Similarly, if you have subscribed to any notifications you should unsubscribe in viewWillDisappear: (if you use the general unsubscription method in a view controller do not forget to re-subscribe to the memory warning notification.
Timers are the same way, deactivate them when a view goes away and re-enable them when the view comes back (unless of course you need a timer running the whole time your application is running).
Basically be suspicious of anything you give a reference of a class to, and try to figure out how you might eliminate that link whenever possible (either in dealloc or viewWillDisappear: or both).
Here's a summary of what I've learned (thanks to some excellent answers and comments):
Object Allocation is NOT the same as Memory usage. The answer to my question about ObjectAlloc's net bytes element is that you shouldn't be paying attention to it - at least not when determining issues with the amount of memory you are using or whats causing it to crash. It doesn't reflect the true memory usage of your application.
My amatuerish guess is that ObjectAlloc only shows you the memory taken up by the direct object itself. So if you have an UIImageView, it takes up just a handful of bytes to store the various properties, but it might be pointing to an image in memory taking up a bunch of space. Therefore, looking at ObjectAlloc is helpful only in making sure you're not creating and keeping objects around, it won't give you an idea of how much memory you're using or how much you can use before crashing.
MemoryMonitor will give you the total memory usage. You can constrain it to viewing only your app's usage by using the search tool in the bottom right of the Instruments window.
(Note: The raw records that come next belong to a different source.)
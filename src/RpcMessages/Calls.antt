-- ===== src/RpcMessages/Calls.antt =====
-- The calls of the service in client/proto/rpc.proto, as the stub has them that gRPC generates.
use nmfs.Prelude.{Bytes, Bool, false, Option, none, List, []}
use nmfs.RpcMessages.{
  AccessRequest, ChmodRequest, ChownRequest, CommonRespond, CreateRequest, CreateRespond,
  DentryTableRequest, DentryTableRespond, GetattrRequest, GetattrRespond, InodeRequest,
  InodeRespond, MkdirRequest, MkdirRespond, NameRespond, OpenOpendirRequest, ReaddirRequest,
  ReadlinkRequest, RenameNotSameParentDstRequest, RenameNotSameParentSrcRequest,
  RenameNotSameParentSrcRespond, RenameSameParentRequest, RmdirRequest, SymlinkRequest,
  TruncateRequest, UnlinkRequest, UtimensRequest, WriteRequest, WriteRespond,
}

-- The generated stub of a client, each call with the address of its channel: the answer, or `none` where
-- the status is not ok. rpc_readdir() gives what it reads, and whether the status is ok at the end.
pub record Stub : Type 0 where
  pub rpc_check_child_inode : Bytes → DentryTableRequest → Option DentryTableRespond
  pub rpc_get_mode : Bytes → InodeRequest → Option InodeRespond
  pub rpc_permission_check : Bytes → InodeRequest → Option InodeRespond
  pub rpc_getattr : Bytes → GetattrRequest → Option GetattrRespond
  pub rpc_access : Bytes → AccessRequest → Option CommonRespond
  pub rpc_opendir : Bytes → OpenOpendirRequest → Option CommonRespond
  pub rpc_readdir : Bytes → ReaddirRequest → List NameRespond × Bool
  pub rpc_mkdir : Bytes → MkdirRequest → Option MkdirRespond
  pub rpc_rmdir_top : Bytes → RmdirRequest → Option CommonRespond
  pub rpc_rmdir_down : Bytes → RmdirRequest → Option CommonRespond
  pub rpc_symlink : Bytes → SymlinkRequest → Option CommonRespond
  pub rpc_readlink : Bytes → ReadlinkRequest → Option NameRespond
  pub rpc_rename_same_parent : Bytes → RenameSameParentRequest → Option CommonRespond
  pub rpc_rename_not_same_parent_src :
      Bytes → RenameNotSameParentSrcRequest → Option RenameNotSameParentSrcRespond
  pub rpc_rename_not_same_parent_dst : Bytes → RenameNotSameParentDstRequest → Option CommonRespond
  pub rpc_open : Bytes → OpenOpendirRequest → Option CommonRespond
  pub rpc_create : Bytes → CreateRequest → Option CreateRespond
  pub rpc_unlink : Bytes → UnlinkRequest → Option CommonRespond
  pub rpc_write : Bytes → WriteRequest → Option WriteRespond
  pub rpc_chmod : Bytes → ChmodRequest → Option CommonRespond
  pub rpc_chown : Bytes → ChownRequest → Option CommonRespond
  pub rpc_utimens : Bytes → UtimensRequest → Option CommonRespond
  pub rpc_truncate : Bytes → TruncateRequest → Option CommonRespond

-- No other client answers.
abbrev pub silent_stub : Stub
silent_stub = record {
  rpc_check_child_inode = λ channel request. none;
  rpc_get_mode = λ channel request. none;
  rpc_permission_check = λ channel request. none;
  rpc_getattr = λ channel request. none;
  rpc_access = λ channel request. none;
  rpc_opendir = λ channel request. none;
  rpc_readdir = λ channel request. ([], false);
  rpc_mkdir = λ channel request. none;
  rpc_rmdir_top = λ channel request. none;
  rpc_rmdir_down = λ channel request. none;
  rpc_symlink = λ channel request. none;
  rpc_readlink = λ channel request. none;
  rpc_rename_same_parent = λ channel request. none;
  rpc_rename_not_same_parent_src = λ channel request. none;
  rpc_rename_not_same_parent_dst = λ channel request. none;
  rpc_open = λ channel request. none;
  rpc_create = λ channel request. none;
  rpc_unlink = λ channel request. none;
  rpc_write = λ channel request. none;
  rpc_chmod = λ channel request. none;
  rpc_chown = λ channel request. none;
  rpc_utimens = λ channel request. none;
  rpc_truncate = λ channel request. none;
}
Both ObjectAlloc and Memory Monitor (as well as the Leaks tool) are plugins for Instruments - just in case thats not obvious to someone else. You can launch Instruments from within XCode by doing Run -> Start with Performance Tool. Once inside of Instruments, you can open the Library and add new plugins to monitor different aspects of performance.
One thing to look for is circular references.
(I don't want this to sound patronising - just want to make sure I'm being clear:) If object a refers to object b and object b refers to object a, there may not be a reported "leak" because all the memory is still referenced - but this may be an orphaned island of objects, seperated from your app and never reclaimable. Of course it may involve more objects ( a refers to b, b refers to c, c refers to a, etc).
If you're building up a graph of objects somewhere, and there are any back or cross references, be sure to break the circles if you release the root (there are different ways of doing this. The simplest is probably to make sure each class in question has a releaseAll method, or similar - which calls releaseAll on it's child objects, then releases the child objects - but this isn't always the best solution).